Content starts

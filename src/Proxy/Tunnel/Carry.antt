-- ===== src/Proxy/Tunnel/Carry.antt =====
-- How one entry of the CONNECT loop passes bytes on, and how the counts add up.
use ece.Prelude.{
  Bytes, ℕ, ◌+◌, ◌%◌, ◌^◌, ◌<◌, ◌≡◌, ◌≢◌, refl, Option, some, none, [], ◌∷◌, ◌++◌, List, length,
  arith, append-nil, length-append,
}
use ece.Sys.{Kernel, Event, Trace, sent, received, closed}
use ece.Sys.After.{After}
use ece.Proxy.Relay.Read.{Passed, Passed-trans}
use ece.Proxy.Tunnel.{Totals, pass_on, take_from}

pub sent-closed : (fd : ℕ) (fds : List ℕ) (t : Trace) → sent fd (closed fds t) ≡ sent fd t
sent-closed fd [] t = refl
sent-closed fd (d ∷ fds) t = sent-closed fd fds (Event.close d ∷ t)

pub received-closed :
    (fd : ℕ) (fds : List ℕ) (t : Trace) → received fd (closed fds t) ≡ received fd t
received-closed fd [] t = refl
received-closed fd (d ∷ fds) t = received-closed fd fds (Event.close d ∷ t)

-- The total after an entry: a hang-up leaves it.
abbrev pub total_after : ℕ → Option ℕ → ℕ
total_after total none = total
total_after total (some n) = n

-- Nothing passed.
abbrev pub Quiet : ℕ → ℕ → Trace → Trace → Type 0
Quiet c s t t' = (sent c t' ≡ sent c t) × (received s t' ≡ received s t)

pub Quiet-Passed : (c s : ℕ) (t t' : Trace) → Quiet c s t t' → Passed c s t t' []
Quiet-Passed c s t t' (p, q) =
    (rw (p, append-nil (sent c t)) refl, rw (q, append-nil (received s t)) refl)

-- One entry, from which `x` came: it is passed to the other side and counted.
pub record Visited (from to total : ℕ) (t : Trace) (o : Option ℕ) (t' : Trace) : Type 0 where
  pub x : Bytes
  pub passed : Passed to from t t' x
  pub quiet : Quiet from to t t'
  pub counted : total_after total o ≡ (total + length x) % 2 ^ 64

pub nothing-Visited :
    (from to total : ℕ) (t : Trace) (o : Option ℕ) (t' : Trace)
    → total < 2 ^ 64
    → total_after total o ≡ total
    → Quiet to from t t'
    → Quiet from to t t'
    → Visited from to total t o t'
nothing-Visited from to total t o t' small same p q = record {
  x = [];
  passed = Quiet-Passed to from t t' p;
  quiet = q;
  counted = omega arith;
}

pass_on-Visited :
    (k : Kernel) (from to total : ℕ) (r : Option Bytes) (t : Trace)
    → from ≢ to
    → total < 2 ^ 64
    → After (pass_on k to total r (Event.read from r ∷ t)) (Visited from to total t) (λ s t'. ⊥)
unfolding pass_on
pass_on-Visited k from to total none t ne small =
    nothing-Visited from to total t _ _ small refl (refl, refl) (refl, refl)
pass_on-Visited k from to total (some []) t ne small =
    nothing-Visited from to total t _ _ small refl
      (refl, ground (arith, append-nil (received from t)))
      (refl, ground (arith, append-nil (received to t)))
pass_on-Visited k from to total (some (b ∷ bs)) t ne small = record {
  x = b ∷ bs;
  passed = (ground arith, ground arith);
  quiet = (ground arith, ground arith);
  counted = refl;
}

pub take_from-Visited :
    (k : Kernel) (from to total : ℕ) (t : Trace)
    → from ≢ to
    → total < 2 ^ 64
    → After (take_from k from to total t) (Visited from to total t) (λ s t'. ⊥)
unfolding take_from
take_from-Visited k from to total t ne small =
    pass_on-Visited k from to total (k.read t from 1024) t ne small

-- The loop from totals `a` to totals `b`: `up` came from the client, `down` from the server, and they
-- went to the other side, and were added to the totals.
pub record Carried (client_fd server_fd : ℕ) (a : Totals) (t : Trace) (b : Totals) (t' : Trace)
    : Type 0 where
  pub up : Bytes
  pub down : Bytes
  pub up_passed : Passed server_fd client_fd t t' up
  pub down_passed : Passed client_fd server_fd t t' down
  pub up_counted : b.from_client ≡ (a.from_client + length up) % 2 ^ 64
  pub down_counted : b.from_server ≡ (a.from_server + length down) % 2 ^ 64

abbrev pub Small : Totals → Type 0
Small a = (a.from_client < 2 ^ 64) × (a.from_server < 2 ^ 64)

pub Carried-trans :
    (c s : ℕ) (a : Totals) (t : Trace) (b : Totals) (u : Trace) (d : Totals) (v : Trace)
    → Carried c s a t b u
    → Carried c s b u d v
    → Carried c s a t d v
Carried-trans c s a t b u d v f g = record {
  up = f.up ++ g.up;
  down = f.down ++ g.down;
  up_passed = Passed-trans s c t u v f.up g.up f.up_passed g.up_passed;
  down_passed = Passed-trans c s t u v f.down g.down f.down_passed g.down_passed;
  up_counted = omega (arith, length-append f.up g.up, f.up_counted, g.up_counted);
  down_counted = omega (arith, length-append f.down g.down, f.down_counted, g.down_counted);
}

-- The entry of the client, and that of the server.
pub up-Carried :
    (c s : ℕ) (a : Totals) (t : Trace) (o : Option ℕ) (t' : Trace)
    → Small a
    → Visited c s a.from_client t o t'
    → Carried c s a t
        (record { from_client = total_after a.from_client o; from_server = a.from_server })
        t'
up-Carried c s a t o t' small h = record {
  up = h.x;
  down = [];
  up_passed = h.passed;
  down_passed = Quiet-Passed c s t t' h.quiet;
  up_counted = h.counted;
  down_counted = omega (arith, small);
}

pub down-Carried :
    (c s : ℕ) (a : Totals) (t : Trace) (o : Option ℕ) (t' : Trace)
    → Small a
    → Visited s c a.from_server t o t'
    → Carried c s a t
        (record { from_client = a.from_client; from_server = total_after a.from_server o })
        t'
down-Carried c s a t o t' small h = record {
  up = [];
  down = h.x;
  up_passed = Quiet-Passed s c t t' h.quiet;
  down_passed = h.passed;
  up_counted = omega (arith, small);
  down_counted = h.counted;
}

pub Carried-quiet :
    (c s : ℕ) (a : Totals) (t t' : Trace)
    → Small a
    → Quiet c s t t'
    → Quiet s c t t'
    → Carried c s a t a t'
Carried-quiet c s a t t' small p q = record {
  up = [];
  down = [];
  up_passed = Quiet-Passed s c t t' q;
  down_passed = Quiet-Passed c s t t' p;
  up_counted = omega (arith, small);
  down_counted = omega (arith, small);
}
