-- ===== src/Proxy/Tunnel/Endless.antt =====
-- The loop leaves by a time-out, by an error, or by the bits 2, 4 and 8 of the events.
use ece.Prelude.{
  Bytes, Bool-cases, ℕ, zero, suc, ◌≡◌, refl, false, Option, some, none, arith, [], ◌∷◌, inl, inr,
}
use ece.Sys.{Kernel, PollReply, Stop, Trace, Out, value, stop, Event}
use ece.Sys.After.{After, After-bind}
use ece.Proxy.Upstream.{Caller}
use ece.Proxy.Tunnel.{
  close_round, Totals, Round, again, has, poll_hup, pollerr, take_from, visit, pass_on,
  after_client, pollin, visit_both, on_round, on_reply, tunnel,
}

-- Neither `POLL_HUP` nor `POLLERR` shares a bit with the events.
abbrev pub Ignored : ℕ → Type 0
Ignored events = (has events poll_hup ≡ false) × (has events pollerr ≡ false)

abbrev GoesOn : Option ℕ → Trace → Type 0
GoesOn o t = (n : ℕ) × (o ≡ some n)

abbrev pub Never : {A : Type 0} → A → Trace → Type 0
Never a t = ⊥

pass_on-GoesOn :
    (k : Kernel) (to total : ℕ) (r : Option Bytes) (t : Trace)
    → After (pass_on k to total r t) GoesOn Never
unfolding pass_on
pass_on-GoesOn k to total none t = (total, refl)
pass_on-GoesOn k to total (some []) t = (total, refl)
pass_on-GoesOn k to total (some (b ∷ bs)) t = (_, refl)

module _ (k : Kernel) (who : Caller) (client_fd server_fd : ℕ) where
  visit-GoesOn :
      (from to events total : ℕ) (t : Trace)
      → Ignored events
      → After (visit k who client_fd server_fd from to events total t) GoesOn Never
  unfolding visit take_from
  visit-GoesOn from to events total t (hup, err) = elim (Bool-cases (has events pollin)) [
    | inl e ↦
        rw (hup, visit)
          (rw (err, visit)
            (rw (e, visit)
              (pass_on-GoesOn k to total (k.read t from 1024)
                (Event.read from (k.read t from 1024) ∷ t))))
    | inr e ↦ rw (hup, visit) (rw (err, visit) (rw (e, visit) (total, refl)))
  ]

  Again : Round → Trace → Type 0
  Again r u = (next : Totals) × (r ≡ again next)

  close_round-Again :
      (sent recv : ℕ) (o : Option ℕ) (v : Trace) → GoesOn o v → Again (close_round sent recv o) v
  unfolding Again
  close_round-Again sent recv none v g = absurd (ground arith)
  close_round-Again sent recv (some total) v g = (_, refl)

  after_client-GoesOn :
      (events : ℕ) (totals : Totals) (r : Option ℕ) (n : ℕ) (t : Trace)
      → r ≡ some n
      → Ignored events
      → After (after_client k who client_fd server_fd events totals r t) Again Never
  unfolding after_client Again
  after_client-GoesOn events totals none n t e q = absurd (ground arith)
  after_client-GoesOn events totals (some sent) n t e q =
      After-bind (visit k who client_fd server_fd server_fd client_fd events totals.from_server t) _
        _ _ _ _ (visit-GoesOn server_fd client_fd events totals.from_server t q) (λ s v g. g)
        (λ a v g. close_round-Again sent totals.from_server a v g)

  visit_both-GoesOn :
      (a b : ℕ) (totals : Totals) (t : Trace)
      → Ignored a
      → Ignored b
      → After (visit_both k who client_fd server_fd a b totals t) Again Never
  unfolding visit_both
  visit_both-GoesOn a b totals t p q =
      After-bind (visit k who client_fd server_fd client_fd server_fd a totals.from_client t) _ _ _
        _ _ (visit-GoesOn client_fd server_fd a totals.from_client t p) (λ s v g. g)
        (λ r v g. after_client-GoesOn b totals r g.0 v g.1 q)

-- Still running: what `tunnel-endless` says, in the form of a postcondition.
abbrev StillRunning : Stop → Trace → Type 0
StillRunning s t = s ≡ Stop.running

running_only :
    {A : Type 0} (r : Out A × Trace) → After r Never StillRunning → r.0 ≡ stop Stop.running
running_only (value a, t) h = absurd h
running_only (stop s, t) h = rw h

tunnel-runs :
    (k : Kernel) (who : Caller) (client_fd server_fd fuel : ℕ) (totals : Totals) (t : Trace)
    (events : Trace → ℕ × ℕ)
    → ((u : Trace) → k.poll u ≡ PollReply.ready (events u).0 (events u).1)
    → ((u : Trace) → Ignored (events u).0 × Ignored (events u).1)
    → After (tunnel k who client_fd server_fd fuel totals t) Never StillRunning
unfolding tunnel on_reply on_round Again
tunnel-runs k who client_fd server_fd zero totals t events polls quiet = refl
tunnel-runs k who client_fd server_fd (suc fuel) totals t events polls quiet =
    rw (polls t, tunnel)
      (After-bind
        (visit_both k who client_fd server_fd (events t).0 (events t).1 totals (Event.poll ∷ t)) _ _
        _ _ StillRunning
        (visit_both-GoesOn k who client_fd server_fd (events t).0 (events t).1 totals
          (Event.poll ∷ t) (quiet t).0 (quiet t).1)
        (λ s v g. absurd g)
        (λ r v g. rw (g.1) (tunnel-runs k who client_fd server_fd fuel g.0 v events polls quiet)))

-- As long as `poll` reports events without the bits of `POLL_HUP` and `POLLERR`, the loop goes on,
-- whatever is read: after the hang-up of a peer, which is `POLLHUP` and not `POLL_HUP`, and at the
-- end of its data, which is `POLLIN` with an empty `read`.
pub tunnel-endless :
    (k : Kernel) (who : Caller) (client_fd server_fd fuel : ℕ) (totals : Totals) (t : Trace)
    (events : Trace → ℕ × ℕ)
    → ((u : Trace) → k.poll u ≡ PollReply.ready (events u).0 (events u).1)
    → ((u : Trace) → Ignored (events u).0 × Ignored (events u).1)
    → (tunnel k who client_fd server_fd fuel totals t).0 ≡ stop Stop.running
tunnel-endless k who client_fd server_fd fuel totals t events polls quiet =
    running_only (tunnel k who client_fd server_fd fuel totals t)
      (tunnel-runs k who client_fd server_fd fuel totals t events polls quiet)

Content ends

- _ASSIGNMENT_:
When you reach the line holding "p) (λ s v g. g)" in the records above, begin reproducing exactly, stop after the line holding "unfolding tunnel on_reply on_round Again", and output nothing else.

- _EXPECTED OUTPUT_:
        _ _ (visit-GoesOn client_fd server_fd a totals.from_client t p) (λ s v g. g)
        (λ r v g. after_client-GoesOn b totals r g.0 v g.1 q)

-- Still running: what `tunnel-endless` says, in the form of a postcondition.
abbrev StillRunning : Stop → Trace → Type 0
StillRunning s t = s ≡ Stop.running

running_only :
    {A : Type 0} (r : Out A × Trace) → After r Never StillRunning → r.0 ≡ stop Stop.running
running_only (value a, t) h = absurd h
running_only (stop s, t) h = rw h

tunnel-runs :
    (k : Kernel) (who : Caller) (client_fd server_fd fuel : ℕ) (totals : Totals) (t : Trace)
    (events : Trace → ℕ × ℕ)
    → ((u : Trace) → k.poll u ≡ PollReply.ready (events u).0 (events u).1)
    → ((u : Trace) → Ignored (events u).0 × Ignored (events u).1)
    → After (tunnel k who client_fd server_fd fuel totals t) Never StillRunning
unfolding tunnel on_reply on_round Again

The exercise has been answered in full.